++++ Dataset records ++++
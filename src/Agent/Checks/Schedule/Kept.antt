-- ===== src/Agent/Checks/Schedule/Kept.antt =====
-- What a tick does to the list of one stream.
use libnice4android.Prelude.{
  ℕ, ◌≤◌, Bool, true, false, ◌&&◌, ◌||◌, Option, none, some, List, [], ◌∷◌, ◌==◌, ◌≡◌, refl, ap,
  ap₂, sym, ◌∙◌, arith, Bool-cases, some_injective, inl, inr, In, here, there,
}
use mathlib.Core.Path.{subst}
use libnice4android.Stun.Timer
use libnice4android.Stun.Timer.{TimerReturn}
use libnice4android.Agent.Checks.{
  CheckState, frozen, waiting, in_progress, succeeded, failed, discovered, cancelled, is, Component,
  Stream, CheckPair, Context, Environment,
}
use libnice4android.Agent.Checks.CheckList.{is_valid}
use libnice4android.Agent.Checks.Schedule.Started.{work-initiate, shape-initiate}
use libnice4android.Agent.Checks.Schedule.Tick.{
  pair_fail, Ticking, refresh_pair, tick_pair, tick_pairs, find_valid, nominate_pair, nominate,
  nominate_if, lacks_nomination, process_stream, tick_stream,
}
use libnice4android.Agent.Checks.Schedule.Progress.{weight, work, shape, IsFresh, find_pair-In}

-- A pair that keeps its address and priority, and does not come to wait for a check.
pub record IsKept (p q : CheckPair) : Type 0 where
  pub address_eq : q.address ≡ p.address
  pub priority_eq : q.priority ≡ p.priority
  pub weight_le : weight q.state ≤ weight p.state

pair_fail-IsKept :
    (components : List Component) (p : CheckPair) → IsKept p (pair_fail components p).1
unfolding pair_fail
pair_fail-IsKept components p = ground arith

refresh_pair-IsKept : (t : Ticking) (p : CheckPair) (id : List ℕ) → IsKept p (refresh_pair t p id).1
unfolding refresh_pair
refresh_pair-IsKept t p id = ground (
  arith,
  pair_fail-IsKept t.components (record p { timer = (Timer.refresh p.timer t.agent.monotonic).1 }),
)

tick_pair-IsKept : (t : Ticking) (p : CheckPair) → IsKept p (tick_pair t p).1
unfolding tick_pair
tick_pair-IsKept t p = grind (arith, refresh_pair-IsKept)

pub tick_pairs_lem :
    (t : Ticking) (pairs : List CheckPair)
    → (work (tick_pairs t pairs).1 ≤ work pairs) × (shape (tick_pairs t pairs).1 ≡ shape pairs)
unfolding tick_pairs
tick_pairs_lem t [] = (omega arith, refl)
tick_pairs_lem t (p ∷ more) =
    let kept = tick_pair-IsKept t p in
    let rest = tick_pairs_lem (tick_pair t p).0 more in
    (
      omega (arith, kept.weight_le, rest.0),
      ap₂ (λ (a b : ℕ). (a, b) ∷ shape (tick_pairs (tick_pair t p).0 more).1) kept.address_eq
            kept.priority_eq
          ∙ ap (λ (l : List (ℕ × ℕ)). (p.address, p.priority) ∷ l) rest.1,
    )

weight_valid : (s : CheckState) → (is s succeeded || is s discovered) ≡ true → weight s ≡ 0
weight_valid succeeded h = refl
weight_valid discovered h = refl
weight_valid waiting h = cc
weight_valid in_progress h = cc
weight_valid failed h = cc
weight_valid frozen h = cc
weight_valid cancelled h = cc

pub find_valid-In :
    (pairs : List CheckPair) (id : ℕ) (p : CheckPair)
    → find_valid pairs id ≡ some p
    → In p pairs × (is_valid p ≡ true)
unfolding find_valid
find_valid-In [] id p h = cc
find_valid-In (x ∷ more) id p h = elim (Bool-cases (x.component_id == id && is_valid x)) [
  | inl e ↦
      subst (λ r. In r (x ∷ more) × (is_valid r ≡ true)) (some_injective x p (rw e at h))
        (here, ground arith)
  | inr e ↦ let rest = find_valid-In more id p (rw e at h) in (there rest.0, rest.1)
]

-- The nomination starts checks for pairs that are valid, for which no work was left.
nominate_pair_lem :
    (env : Environment) (agent : Context) (stream : Stream) (id : ℕ) (o : Option CheckPair)
    → IsFresh (shape stream.conncheck_list)
    → find_valid stream.conncheck_list id ≡ o
    → (work (nominate_pair env agent stream o).1.conncheck_list ≡ work stream.conncheck_list)
      × (shape (nominate_pair env agent stream o).1.conncheck_list ≡ shape stream.conncheck_list)
unfolding nominate_pair
nominate_pair_lem env agent stream id none f e = (refl, refl)
nominate_pair_lem env agent stream id (some p) f e =
    let valid = find_valid-In stream.conncheck_list id p e in
    let at = find_pair-In stream.conncheck_list p valid.0 f in
    let marked = record p { nominated = true } in
    let less = work-initiate env agent stream marked p at refl in
    (
      omega (arith, less, weight_valid p.state valid.1),
      shape-initiate env agent stream marked p at refl,
    )

pub nominate_lem :
    (env : Environment) (components : List Component) (agent : Context) (stream : Stream)
    → IsFresh (shape stream.conncheck_list)
    → (work (nominate env components agent stream).1.conncheck_list ≡ work stream.conncheck_list)
      × (shape (nominate env components agent stream).1.conncheck_list
          ≡ shape stream.conncheck_list)
unfolding nominate
nominate_lem env [] agent stream f = (refl, refl)
nominate_lem env (c ∷ more) agent stream f =
    let next = nominate_pair env agent stream (find_valid stream.conncheck_list c.id) in
    let first =
      nominate_pair_lem env agent stream c.id (find_valid stream.conncheck_list c.id) f refl in
    let rest = nominate_lem env more next.0 next.1 (subst IsFresh (sym first.1) f) in
    (rest.0 ∙ first.0, rest.1 ∙ first.1)

nominate_if_lem :
    (env : Environment) (needed : Bool) (agent : Context) (stream : Stream)
    → IsFresh (shape stream.conncheck_list)
    → (work (nominate_if env needed agent stream).1.conncheck_list ≡ work stream.conncheck_list)
      × (shape (nominate_if env needed agent stream).1.conncheck_list ≡ shape stream.conncheck_list)
unfolding nominate_if
nominate_if_lem env true agent stream f = nominate_lem env stream.components agent stream f
nominate_if_lem env false agent stream f = (refl, refl)

pub tick_stream_lem :
    (env : Environment) (agent : Context) (stream : Stream)
    → IsFresh (shape stream.conncheck_list)
    → (work (tick_stream env agent stream).2.conncheck_list ≤ work stream.conncheck_list)
      × (shape (tick_stream env agent stream).2.conncheck_list ≡ shape stream.conncheck_list)
unfolding tick_stream process_stream
tick_stream_lem env agent stream f =
    let first =
      tick_pairs_lem
        (record { keep_timer_going = false; agent = agent; components = stream.components })
        stream.conncheck_list in
    let ticked = process_stream agent stream in
    let needed = lacks_nomination ticked.2 && ticked.1.controlling_mode in
    let second = nominate_if_lem env needed ticked.1 ticked.2 (subst IsFresh (sym first.1) f) in
    (omega (arith, first.0, second.0), second.1 ∙ first.1)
++++
Description of the task: Only one stretch of the entries above is wanted: the lines from the one containing "let rest = tick_pairs_lem" through the one containing "nominate_pair_lem env agent stream id none". Please reproduce it exactly.

Solved problem:
    let rest = tick_pairs_lem (tick_pair t p).0 more in
    (
      omega (arith, kept.weight_le, rest.0),
      ap₂ (λ (a b : ℕ). (a, b) ∷ shape (tick_pairs (tick_pair t p).0 more).1) kept.address_eq
            kept.priority_eq
          ∙ ap (λ (l : List (ℕ × ℕ)). (p.address, p.priority) ∷ l) rest.1,
    )

weight_valid : (s : CheckState) → (is s succeeded || is s discovered) ≡ true → weight s ≡ 0
weight_valid succeeded h = refl
weight_valid discovered h = refl
weight_valid waiting h = cc
weight_valid in_progress h = cc
weight_valid failed h = cc
weight_valid frozen h = cc
weight_valid cancelled h = cc

pub find_valid-In :
    (pairs : List CheckPair) (id : ℕ) (p : CheckPair)
    → find_valid pairs id ≡ some p
    → In p pairs × (is_valid p ≡ true)
unfolding find_valid
find_valid-In [] id p h = cc
find_valid-In (x ∷ more) id p h = elim (Bool-cases (x.component_id == id && is_valid x)) [
  | inl e ↦
      subst (λ r. In r (x ∷ more) × (is_valid r ≡ true)) (some_injective x p (rw e at h))
        (here, ground arith)
  | inr e ↦ let rest = find_valid-In more id p (rw e at h) in (there rest.0, rest.1)
]

-- The nomination starts checks for pairs that are valid, for which no work was left.
nominate_pair_lem :
    (env : Environment) (agent : Context) (stream : Stream) (id : ℕ) (o : Option CheckPair)
    → IsFresh (shape stream.conncheck_list)
    → find_valid stream.conncheck_list id ≡ o
    → (work (nominate_pair env agent stream o).1.conncheck_list ≡ work stream.conncheck_list)
      × (shape (nominate_pair env agent stream o).1.conncheck_list ≡ shape stream.conncheck_list)
unfolding nominate_pair
nominate_pair_lem env agent stream id none f e = (refl, refl)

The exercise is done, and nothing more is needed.